Bon allez, soufflons cette bougie qui a un peu trop dormi !

lundi 18 mars 2013

CIE : on est au courant de votre survie...


On se croyait autosuffisant en matière d'électricité. Au point même de s'imaginer qu'on en distribuait tout autour de nous... Mais on était visiblement mal informés. 
Les coupures intempestives d'électricité - sur fond de cris stridents et agaçants de stabilisateur - font désormais partie de notre quotidien. Bonjour les pannes d'appareils - dont on sait justement que l'acquisition coûte aujourd'hui presque les yeux et leurs orbites.
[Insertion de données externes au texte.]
-- ===== src/System/Semaphores.antt =====
-- The calls of semaphores and queues of sync.c keep the state of the whole kernel.
use just_rt.Common.{ℕ, ◌≢◌, not, ◌==◌, ◌!=◌, if_intro, arith}
use just_rt.Kernel.{Kernel}
use just_rt.Kernel.WaitKind
use just_rt.Wait.{Deadline, wake}
use just_rt.Sync.{count_context_misuse}
use just_rt.Sync.Semaphore.{take, give_locked, give, give_from_isr}
use just_rt.System.State.{idle_index, Plain, PlainOutcome, Plain-refl, Plain-trans, others-Plain}
use just_rt.System.Waits.{counted-Plain, request_switch-Plain, wake-Plain, block_until_locked-Plain}

give_locked-Plain : (k : Kernel) (s : ℕ) → Plain k (give_locked k s)
unfolding give_locked
give_locked-Plain k s =
    let woken = (wake k s WaitKind.semaphore).0 in
    if_intro (Plain k) ((wake k s WaitKind.semaphore).1 == 0)
      (λ _. Plain-trans (wake-Plain k s WaitKind.semaphore) (
        others-Plain woken woken.switch_pending woken.bytes _ woken.queues woken.event_groups
          woken.counters))
      (λ _. wake-Plain k s WaitKind.semaphore)

pub give-Plain : (k : Kernel) (s : ℕ) → Plain k (give k s)
unfolding give count_context_misuse
give-Plain k s = if_intro (Plain k) k.in_isr (λ _. counted-Plain k _) (λ _. give_locked-Plain k s)

pub give_from_isr-Plain : (k : Kernel) (s : ℕ) → Plain k (give_from_isr k s)
unfolding give_from_isr count_context_misuse
give_from_isr-Plain k s =
    if_intro (Plain k) (not k.in_isr) (λ _. counted-Plain k _)
      (λ _. Plain-trans (give_locked-Plain k s) (request_switch-Plain (give_locked k s)))

pub take-Plain :
    (k : Kernel) (s timeout : ℕ) (d : Deadline)
    → k.current ≢ idle_index k
    → s ≢ 0
    → PlainOutcome k (take k s timeout d)
unfolding take count_context_misuse
take-Plain k s timeout d hi hs =
    if_intro (PlainOutcome k) k.in_isr (λ _. counted-Plain k _)
      (λ _.
        if_intro (PlainOutcome k) (k.semaphores s != 0)
          (λ _. others-Plain k k.switch_pending k.bytes _ k.queues k.event_groups k.counters)
          (λ _.
            if_intro (PlainOutcome k) (timeout == 0) (λ _. Plain-refl k)
              (λ _.
                block_until_locked-Plain k s WaitKind.semaphore d hi hs (omega arith)
                  (omega arith))))
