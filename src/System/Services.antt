-- ===== src/System/Services.antt =====
-- Suspension, sleep and notifications of task.c keep the state of the whole kernel.
use just_rt.Common.{
  ℕ, ◌<◌, ◌≡◌, ◌≢◌, inl, inr, Bool, true, false, not, ltb, ◌==◌, ◌!=◌, if_intro, arith,
  Option-cases, some, if◌then◌else◌, update, refl,
}
use just_rt.Kernel.{Task, Kernel, current_task}
use just_rt.Kernel.TaskState
use just_rt.Kernel.WaitKind
use just_rt.Kernel.Status.{Status}
use just_rt.Wait.{Outcome, end_wait, wait_deadline}
use just_rt.Service.Lifecycle.{resolve, suspend, resume, sleep_current, cannot_suspend}
use just_rt.Service.Notification.{notified, notify, take, take_resume}
use just_rt.System.Moves.{Calm, Calm-Moves, Yields-Moves, begin_wait-Yields}
use just_rt.System.State.{idle_index, Plain, PlainOutcome, Plain-refl, Plain-trans, tasks-Plain}
use just_rt.System.Waits.{request_switch-Plain}

resolve-lt :
    (k : Kernel) (requested : ℕ) (allow_self : Bool) (i : ℕ)
    → resolve k requested allow_self ≡ some i
    → i < k.application_task_count
unfolding resolve
resolve-lt k requested allow_self i h = ground (arith, h)

-- `kernel_task_suspend`
pub suspend-Plain : (k : Kernel) (requested : ℕ) → Plain k (suspend k requested).0
unfolding suspend cannot_suspend
suspend-Plain k requested =
    if_intro P (k.initialized == 0) (λ _. Plain-refl k)
      (λ _.
        if_intro P (k.started == 0) (λ _. Plain-refl k)
          (λ _. elim (Option-cases (resolve k requested true)) [
            | inl e ↦ rw e (Plain-refl k)
            | inr (i, e) ↦ rw e (
                if_intro P (cannot_suspend k i) (λ _. Plain-refl k)
                  (λ can. tasks-Plain k _ (
                    Yields-Moves (idle_index k) k.tasks i _
                      (omega (arith, resolve-lt k requested true i e))
                      (record {
                        keeps = λ v. ground (arith, v, can);
                        region = refl;
                        starts = λ s. absurd (omega (arith, s));
                      }))))
          ]))
  where
    P : Kernel × Status → Type 0
    P o = Plain k o.0

-- `kernel_task_resume`
pub resume-Plain : (k : Kernel) (requested : ℕ) → Plain k (resume k requested).0
unfolding resume
resume-Plain k requested =
    if_intro P (k.initialized == 0) (λ _. Plain-refl k)
      (λ _.
        if_intro P (k.started == 0) (λ _. Plain-refl k)
          (λ _. elim (Option-cases (resolve k requested false)) [
            | inl e ↦ rw e (Plain-refl k)
            | inr (i, e) ↦ rw e (
                if_intro P ((k.tasks i).state != TaskState.suspended) (λ _. Plain-refl k)
                  (λ can. tasks-Plain k _ (
                    Yields-Moves (idle_index k) k.tasks i _
                      (omega (arith, resolve-lt k requested false i e))
                      (record {
                        keeps = λ v. ground (arith, v, can);
                        region = refl;
                        starts = λ s. absurd (omega (arith, s));
                      }))))
          ]))
  where
    P : Kernel × Status → Type 0
    P o = Plain k o.0

-- `sleep_current`
pub sleep_current-Plain :
    (k : Kernel) (ticks : ℕ)
    → k.current ≢ idle_index k
    → (current_task k).state ≡ TaskState.running
    → Plain k (sleep_current k ticks)
unfolding sleep_current
sleep_current-Plain k ticks hi hr = tasks-Plain k _ (
    Yields-Moves (idle_index k) k.tasks k.current _ hi (record {
      keeps = λ v. ground (arith, v, hr);
      region = ground arith;
      starts = λ s. ground (arith, s);
    }))

notified-Calm : (t : Task) (value : ℕ) → Calm t (notified t value)
unfolding notified end_wait
notified-Calm t value = record {
  keeps = λ v. ground (arith, v);
  region = ground arith;
  starts = λ s. ground (arith, s);
  ready = λ s. ground (arith, s);
  running = λ s. ground (arith, s);
}

-- `task_notify_common`
pub notify-Plain :
    (from_isr : Bool) (k : Kernel) (task_id value : ℕ) → Plain k (notify from_isr k task_id value).0
unfolding notify
notify-Plain from_isr k task_id value =
    if_intro P (if from_isr then not k.in_isr else k.in_isr) (λ _. Plain-refl k)
      (λ _.
        if_intro P (ltb task_id k.task_count)
          (λ _.
            Plain-trans
              (tasks-Plain k _ (
                Calm-Moves (idle_index k) k.tasks task_id _
                  (notified-Calm (k.tasks task_id) value)))
              (request_switch-Plain _))
          (λ _. Plain-refl k))
  where
    P : Kernel × ℕ → Type 0
    P o = Plain k o.0

set_notification-Plain :
    (k : Kernel) (value : ℕ)
    → Plain k (record k {
      tasks = update k.tasks k.current (record (current_task k) { notification_value = value });
    })
set_notification-Plain k value = tasks-Plain k _ (
    Calm-Moves (idle_index k) k.tasks k.current _ (record {
      keeps = λ v. ground (arith, v);
      region = refl;
      starts = λ s. s;
      ready = λ s. s;
      running = λ s. inl s;
    }))

-- `JRT_TaskNotifyTake`
pub take-Plain :
    (address : ℕ → ℕ) (k : Kernel) (timeout : ℕ)
    → k.current ≢ idle_index k
    → address k.current ≢ 0
    → PlainOutcome k (take address k timeout).0
unfolding take
take-Plain address k timeout hi ha =
    if_intro P k.in_isr (λ _. Plain-refl k)
      (λ _.
        if_intro P ((current_task k).notification_value != 0) (λ _. set_notification-Plain k 0)
          (λ _.
            if_intro P (timeout == 0) (λ _. Plain-refl k)
              (λ _.
                Plain-trans
                  (tasks-Plain k _ (
                    Yields-Moves (idle_index k) k.tasks k.current _ hi (
                      begin_wait-Yields (k.tasks k.current) (address k.current)
                        WaitKind.notification (wait_deadline k timeout) ha (omega arith)
                        (omega arith))))
                  (request_switch-Plain _))))
  where
    P : Outcome × ℕ → Type 0
    P o = PlainOutcome k o.0

pub take_resume-Plain : (k : Kernel) → Plain k (take_resume k).0
unfolding take_resume
take_resume-Plain k = set_notification-Plain k 0
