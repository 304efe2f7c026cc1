-- ===== src/System/Svc.antt =====
-- The SVC services of port_cm7.c keep the state of the whole kernel.
use just_rt.Common.{ℕ, ◌/◌, ◌%◌, ◌||◌, ◌==◌, ◌≡◌, ◌≢◌, if_intro}
use just_rt.Kernel.{Kernel, current_task, request_switch}
use just_rt.Kernel.TaskState
use just_rt.Service.Lifecycle.{suspend, resume, sleep_current}
use just_rt.Service.Svc.{SvcCounters, svc_dispatch}
use just_rt.System.State.{idle_index, Plain, Plain-refl, Plain-trans}
use just_rt.System.Waits.{request_switch-Plain}
use just_rt.System.Services.{suspend-Plain, resume-Plain, sleep_current-Plain}

pub svc_dispatch-Plain :
    (c : SvcCounters) (k : Kernel) (exc_return number r0 : ℕ)
    → k.current ≢ idle_index k
    → (current_task k).state ≡ TaskState.running
    → Plain k (svc_dispatch c k exc_return number r0).1
unfolding svc_dispatch
svc_dispatch-Plain c k exc_return number r0 hi hr =
    if_intro P ((exc_return / 8 % 2 == 0) || (exc_return / 4 % 2 == 0)) (λ _. Plain-refl k)
      (λ _.
        if_intro P (number == 1) (λ _. request_switch-Plain k)
          (λ _.
            if_intro P (number == 2)
              (λ _. switching (sleep_current k r0) (sleep_current-Plain k r0 hi hr))
              (λ _.
                if_intro P (number == 3) (λ _. request_switch-Plain k)
                  (λ _.
                    if_intro P (number == 4) (λ _. switching (suspend k r0).0 (suspend-Plain k r0))
                      (λ _.
                        if_intro P (number == 5)
                          (λ _. switching (resume k r0).0 (resume-Plain k r0))
                          (λ _. Plain-refl k))))))
  where
    P : SvcCounters × Kernel × ℕ → Type 0
    P o = Plain k o.1

    switching : (after : Kernel) → Plain k after → Plain k (request_switch after)
    switching after p = Plain-trans p (request_switch-Plain after)
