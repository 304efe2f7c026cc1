-- ===== src/System/Timers.antt =====
-- The calls of timer.c keep the state of the whole kernel.
use just_rt.Common.{
  sub32, update, Bool, ℕ, ◌≢◌, inl, inr, ◌&&◌, ◌||◌, ◌==◌, ◌!=◌, if_intro, arith, refl,
  Option-cases,
}
use just_rt.Kernel.{Task, Kernel}
use just_rt.Kernel.Objects
use just_rt.Kernel.WaitKind
use just_rt.Timer.{
  set_timer, link, is_linked, service_waits, served, timer_service_wait_object, create,
  set_callback, start, start_periodic, restart, stop, take_expirations, claim_from, service_claim,
  periodic_fault,
}
use just_rt.Timer.Calls.{
  Call, create_static, register, start_once, start_repeating, start_again, cancel, collect, perform,
  perform-TimersOk, set_timer-TimersOk,
}
use just_rt.System.Moves.{
  Moves, Moves-refl, Calm-Moves, Yields-Moves, end_wait-Calm, begin_wait-Yields,
}
use just_rt.System.State.{
  idle_index, Moved, SameMutexes, SystemOk, SystemOk-Moved, SystemOk-Plain, SameMutexes-MutexesOk,
  Plain-trans, tasks-Plain,
}
use just_rt.System.Waits.{request_switch-Plain}

-- A step that moves the tasks and leaves the mutexes alone.
pub record Timed (k k' : Kernel) : Type 0 where
  pub moved : Moved k k'
  pub mutexes : SameMutexes k k'

pub served-Moves : (idle : ℕ) (tasks : ℕ → Task) (i : ℕ) → Moves idle tasks (served tasks i)
unfolding served
served-Moves idle tasks i =
    if_intro (Moves idle tasks) (service_waits (tasks i))
      (λ _. Calm-Moves idle tasks i _ (end_wait-Calm (tasks i) 1)) (λ _. Moves-refl idle tasks)

-- A write of the timers, of their list, and of the tasks.
timers-Timed :
    (k : Kernel) (tasks : ℕ → Task) (timers : ℕ → Objects.Timer) (list nodes : ℕ) (pending : Bool)
    → Moves (idle_index k) k.tasks tasks
    → Timed k (record k {
      tasks = tasks;
      timers = timers;
      timer_list = list;
      timer_nodes = nodes;
      switch_pending = pending;
    })
timers-Timed k tasks timers list nodes pending m = record {
  moved = record { tasks = m; task_count = refl; application = refl; current = refl };
  mutexes = record { mutexes = refl; list = refl; nodes = refl };
}

module _ (k : Kernel) where
  only_timers :
      (timers : ℕ → Objects.Timer) (list nodes : ℕ)
      → Timed k (record k { timers = timers; timer_list = list; timer_nodes = nodes })
  only_timers timers list nodes =
      timers-Timed k k.tasks timers list nodes k.switch_pending (Moves-refl (idle_index k) k.tasks)

  same-Timed : Timed k k
  same-Timed = only_timers k.timers k.timer_list k.timer_nodes

  linked-Timed : (p : ℕ) (v : Objects.Timer) → Timed k (set_timer (link k p) p v)
  unfolding link
  linked-Timed p v =
      if_intro (λ (after : Kernel). Timed k (set_timer after p v)) (is_linked k p)
        (λ _. only_timers _ _ _) (λ _. only_timers _ _ _)

  perform-Timed : (c : Call) → Timed k (perform k c)
  unfolding perform create link set_callback start start_periodic restart stop take_expirations
  perform-Timed (create_static p) =
      if_intro (Timed k) (p == 0) (λ _. same-Timed)
        (λ _. if_intro (Timed k) (is_linked _ p) (λ _. only_timers _ _ _) (λ _. only_timers _ _ _))
  perform-Timed (register p callback argument) =
      if_intro (Timed k) (p == 0) (λ _. same-Timed)
        (λ _.
          if_intro (Timed k) ((callback != 0) && ((k.timers p).expirations != 0))
            (λ _.
              timers-Timed k _ _ _ _ _
                (served-Moves (idle_index k) k.tasks k.timer_service_task_index))
            (λ _. only_timers _ _ _))
  perform-Timed (start_once p delay) =
      if_intro (Timed k) (p == 0) (λ _. same-Timed) (λ _. linked-Timed p _)
  perform-Timed (start_repeating p period) =
      if_intro (Timed k) ((p == 0) || (period == 0)) (λ _. same-Timed) (λ _. linked-Timed p _)
  perform-Timed (start_again p) =
      if_intro (Timed k) ((p == 0) || ((k.timers p).reload_ticks == 0)) (λ _. same-Timed)
        (λ _. linked-Timed p _)
  perform-Timed (cancel p) = if_intro (Timed k) (p == 0) (λ _. same-Timed) (λ _. only_timers _ _ _)
  perform-Timed (collect p) =
      if_intro (λ (o : Kernel × ℕ). Timed k o.0) (p == 0) (λ _. same-Timed) (λ _. only_timers _ _ _)

pub perform-SystemOk : (k : Kernel) (c : Call) → SystemOk k → SystemOk (perform k c)
perform-SystemOk k c ok =
    let t = perform-Timed k c in
    SystemOk-Moved k (perform k c) ok t.moved
      (SameMutexes-MutexesOk k _ t.mutexes t.moved.task_count ok.checked.mutexes)
      (perform-TimersOk k c ok.checked.timers)

-- `kernel_timer_service_claim`
pub service_claim-SystemOk :
    (k : Kernel) → SystemOk k → k.current ≢ idle_index k → SystemOk (service_claim k).0
unfolding service_claim periodic_fault
service_claim-SystemOk k ok hi =
    elim (Option-cases (claim_from k.timers k.timer_nodes k.timer_list)) [
      | inl e ↦
          rw (service_claim, e)
            (SystemOk-Plain k _ ok (
              Plain-trans
                (tasks-Plain k _ (
                  Yields-Moves (idle_index k) k.tasks k.current _ hi (
                    begin_wait-Yields (k.tasks k.current) timer_service_wait_object
                      WaitKind.timer_service _ (omega arith) (omega arith) (omega arith))))
                (request_switch-Plain _)))
      | inr (p, e) ↦
          rw (service_claim, e)
            (let claimed = record (k.timers p) { expirations = sub32 (k.timers p).expirations 1 } in
              let t = only_timers k (update k.timers p claimed) k.timer_list k.timer_nodes in
              SystemOk-Moved k _ ok t.moved
                (SameMutexes-MutexesOk k _ t.mutexes refl ok.checked.mutexes)
                (set_timer-TimersOk k p claimed refl (ok.checked.timers.1 p) ok.checked.timers))
    ]
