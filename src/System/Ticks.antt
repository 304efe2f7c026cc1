-- ===== src/System/Ticks.antt =====
-- The system tick of task.c and timer.c keeps the state of the whole kernel.
use just_rt.Common.{
  ℕ, zero, suc, ◌+◌, ◌≡◌, ◌&&◌, ◌==◌, ◌!=◌, inl, inr, if_intro, arith, refl, Option-cases, add32,
}
use just_rt.Kernel.{Task, Kernel}
use just_rt.Wait.{end_wait}
use just_rt.Priority.Unchanged.{restore_priority_chain-OnlyPriorities}
use just_rt.Timer.{due, tick_timer, tick_from, timer_tick}
use just_rt.Tick.{
  sleeps, count_sleep, timed_out, ticked_task, timeout_owner, ended, tick_task, tick_scan, advance,
}
use just_rt.Tick.Check.{advance-KernelOk}
use just_rt.System.Moves.{Calm, Moves, Moves-refl, Calm-Moves, OnlyPriorities-Moves}
use just_rt.System.State.{idle_index, Moved, Moved-trans, SystemOk, SystemOk-Moved}
use just_rt.System.Timers.{served-Moves}

-- A move of the tasks, whatever happens to the rest.
same-Moved :
    (k k' : Kernel)
    → k'.task_count ≡ k.task_count
    → k'.application_task_count ≡ k.application_task_count
    → k'.current ≡ k.current
    → Moves (idle_index k) k.tasks k'.tasks
    → Moved k k'
same-Moved k k' a b c m = record { tasks = m; task_count = a; application = b; current = c }

ticked_task-Calm : (now : ℕ) (t : Task) → Calm t (ticked_task now t)
unfolding ticked_task sleeps count_sleep timed_out end_wait
ticked_task-Calm now t = record {
  keeps = λ v. ground (arith, v);
  region = ground arith;
  starts = λ s. ground (arith, s);
  ready = λ s. ground (arith, s);
  running = λ s. ground (arith, s);
}

tick_task-Moved : (k : Kernel) (i : ℕ) → Moved k (tick_task k i)
unfolding tick_task
tick_task-Moved k i =
    if_intro (Moved k) (timed_out k.ticks (k.tasks i))
      (λ _. elim (Option-cases (timeout_owner (k.tasks i) k.mutexes k.task_count)) [
        | inl e ↦ rw e once
        | inr (owner, e) ↦ rw e (
            Moved-trans once (
              same-Moved (ended k i) _ refl refl refl (
                OnlyPriorities-Moves (idle_index k)
                  (restore_priority_chain-OnlyPriorities (ended k i) owner))))
      ])
      (λ _. once)
  where
    once : Moved k (ended k i)
    once =
        same-Moved k (ended k i) refl refl refl
          (Calm-Moves (idle_index k) k.tasks i _ (ticked_task-Calm k.ticks (k.tasks i)))

tick_scan-Moved : (rounds : ℕ) (k : Kernel) (index : ℕ) → Moved k (tick_scan rounds k index)
unfolding tick_scan
tick_scan-Moved zero k index = same-Moved k k refl refl refl (Moves-refl (idle_index k) k.tasks)
tick_scan-Moved (suc rounds) k index =
    Moved-trans (tick_task-Moved k index) (tick_scan-Moved rounds (tick_task k index) (index + 1))

tick_timer-Moved : (k : Kernel) (p : ℕ) → Moved k (tick_timer k p)
unfolding tick_timer
tick_timer-Moved k p = same-Moved k _ refl refl refl (
    if_intro (Moves (idle_index k) k.tasks)
      (due k.ticks (k.timers p) && ((k.timers p).callback != 0))
      (λ _. served-Moves (idle_index k) k.tasks k.timer_service_task_index)
      (λ _. Moves-refl (idle_index k) k.tasks))

pub tick_from-Moved : (fuel : ℕ) (k : Kernel) (p : ℕ) → Moved k (tick_from fuel k p)
unfolding tick_from
tick_from-Moved zero k p = same-Moved k k refl refl refl (Moves-refl (idle_index k) k.tasks)
tick_from-Moved (suc fuel) k p =
    if_intro (Moved k) (p == 0)
      (λ _. same-Moved k k refl refl refl (Moves-refl (idle_index k) k.tasks))
      (λ _. Moved-trans (tick_timer-Moved k p) (tick_from-Moved fuel (tick_timer k p) _))

pub advance-Moved : (k : Kernel) → Moved k (advance k)
unfolding advance timer_tick
advance-Moved k =
    let next : Kernel = record k { ticks = add32 k.ticks 1 } in
    let timed : Kernel = timer_tick next in
    Moved-trans (same-Moved k next refl refl refl (Moves-refl (idle_index k) k.tasks)) (
      Moved-trans (tick_from-Moved next.timer_nodes next next.timer_list)
        (tick_scan-Moved timed.task_count timed 0))

pub advance-SystemOk : (k : Kernel) → SystemOk k → SystemOk (advance k)
advance-SystemOk k ok =
    let after = advance-KernelOk k ok.checked in
    SystemOk-Moved k (advance k) ok (advance-Moved k) after.mutexes after.timers
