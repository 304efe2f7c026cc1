-- ===== src/System/Switches.antt =====
-- PendSV of task.c keeps the state of the whole kernel, and finds a task to run.
use just_rt.Common.{subst, ℕ, ◌≡◌, ◌==◌, inl, inr, Bool-cases, ==→eq, arith, refl, false}
use just_rt.Mpu.Private.{PrivateSize}
use just_rt.Kernel.{Mpu, Kernel, current_task}
use just_rt.Kernel.TaskState
use just_rt.Sched.{
  Switched, stack_fault, update_stack_usage, leave_current, entered, next_index, pendsv_switch,
  restored, halted, hung,
}
use just_rt.Sched.Switch.{
  PrivateSizes, leave_current-frame, Runnable, leave_current-ready, pendsv_switch-entered,
}
use just_rt.System.State.{
  idle_index, SameMutexes, SameTimers, SystemOk, SameMutexes-MutexesOk, SameTimers-TimersOk,
}

module _ (k : Kernel) (sp : ℕ) (mpu : Mpu) where
  abbrev switched : Kernel
  switched = entered (leave_current k sp) mpu

  switched-mutexes : SameMutexes k switched
  unfolding entered leave_current update_stack_usage
  switched-mutexes = record { mutexes = refl; list = refl; nodes = refl }

  switched-timers : SameTimers k switched
  unfolding entered leave_current update_stack_usage
  switched-timers = record { timers = refl; list = refl; nodes = refl }

  switched-counts :
      (switched.task_count ≡ k.task_count)
      × (switched.application_task_count ≡ k.application_task_count)
  unfolding entered leave_current update_stack_usage
  switched-counts = (refl, refl)

  switched-PrivateSizes : PrivateSizes k → PrivateSizes switched
  unfolding entered leave_current update_stack_usage
  switched-PrivateSizes sizes i h = subst PrivateSize (same i) (sizes i h)
    where
      same : (j : ℕ) → (k.tasks j).private_data_size ≡ (switched.tasks j).private_data_size
      same j = ground arith

  -- A task that could run is ready, or is the one chosen.
  switched-Runnable : (j : ℕ) → Runnable k j → Runnable switched j
  unfolding entered
  switched-Runnable j r =
      let waits = leave_current-ready k sp j r in
      let (count, current) = leave_current-frame k sp in
      let left = leave_current k sp in
      let next = next_index left.tasks left.task_count left.current in
      elim (Bool-cases (j == next)) [
        | inl e ↦ (omega (arith, r.0, count), inr (==→eq j next e, rw e refl))
        | inr e ↦ (omega (arith, r.0, count), inl (rw e waits))
      ]

-- The kernel in the result of PendSV, or `other` if there is none.
abbrev pub kernel_of : Switched → Kernel → Kernel
kernel_of (restored k sp) other = k
kernel_of (halted k) other = k
kernel_of hung other = other

-- With an intact stack, PendSV returns the stack pointer of a task that was ready and is now the
-- only one to run.
pub pendsv_switch-SystemOk :
    (k : Kernel) (sp : ℕ)
    → SystemOk k
    → stack_fault (current_task k) sp ≡ false
    → (k' : Kernel) × (pendsv_switch k sp ≡ restored k' (current_task k').sp)
      × SystemOk k'
      × ((current_task k').state ≡ TaskState.running)
pendsv_switch-SystemOk k sp ok fine =
    let (mpu, e, to) =
      pendsv_switch-entered k sp (idle_index k) fine ok.inside ok.idle ok.only ok.checked.tasks
        ok.regions in
    let (count, application) = switched-counts k sp mpu in
    (
      switched k sp mpu,
      e,
      record {
        size = rw count ok.size;
        internal = rw (count, application) ok.internal;
        inside = to.inside;
        only = to.only;
        idle = rw application (switched-Runnable k sp mpu (idle_index k) ok.idle);
        regions = switched-PrivateSizes k sp mpu ok.regions;
        checked = record {
          tasks = to.checked;
          mutexes = SameMutexes-MutexesOk k _ (switched-mutexes k sp mpu) count ok.checked.mutexes;
          timers = SameTimers-TimersOk k _ (switched-timers k sp mpu) ok.checked.timers;
        };
      },
      to.running,
    )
Et cela encore c'est si on a la chance que le retour - généralement en force - de l'électricité ne nous crée un joli petit court-circuit pour nous donner d'assister à l'agréable spectacle de notre patrimoine en train de partir en fumée. Mais la perte de biens matériels n'est sans doute que peu de chose à côté des galères physiques que l'on peut endurer : j'ai nommé les montées de chaleur et leur avalanche de dégâts cutanés, surtout pour les enfants - oh! les pauvres chéris -, suite aux coupures nocturnes. Bien plus, il faut prier pour ne pas que, au moment où l'électricité prend congé, votre vie - ou celle de l'un des vôtres - ne dépende de quelque appareil médical en marche.
Le constat est donc des plus amers aujourd'hui. 2013 ! Alors que nous sommes engagés sur la pente de l'émergence, l'obscurité nous rattrape. Plus de différence aujourd'hui entre ceux qui ont un compteur électrique et ceux qui n'en disposent pas. C'est vrai que déjà, il y a quelques années, nous avions tous déploré la vague de délestage subie par le réseau électrique national. A l'époque on avait même réclamé des têtes, tellement la population supportait mal de vivre en ce 3è millénaire une vie précoloniale. Et alors qu'on croyait tous ces désagréments derrière nous, bis repetita... (Paragraphe spécialement dédié aux pro X et pro Y qui pensent que les erreurs de parcours n'arrivent qu'aux autres, en oubliant curieusement qu'à la fin nous souffrons tous.)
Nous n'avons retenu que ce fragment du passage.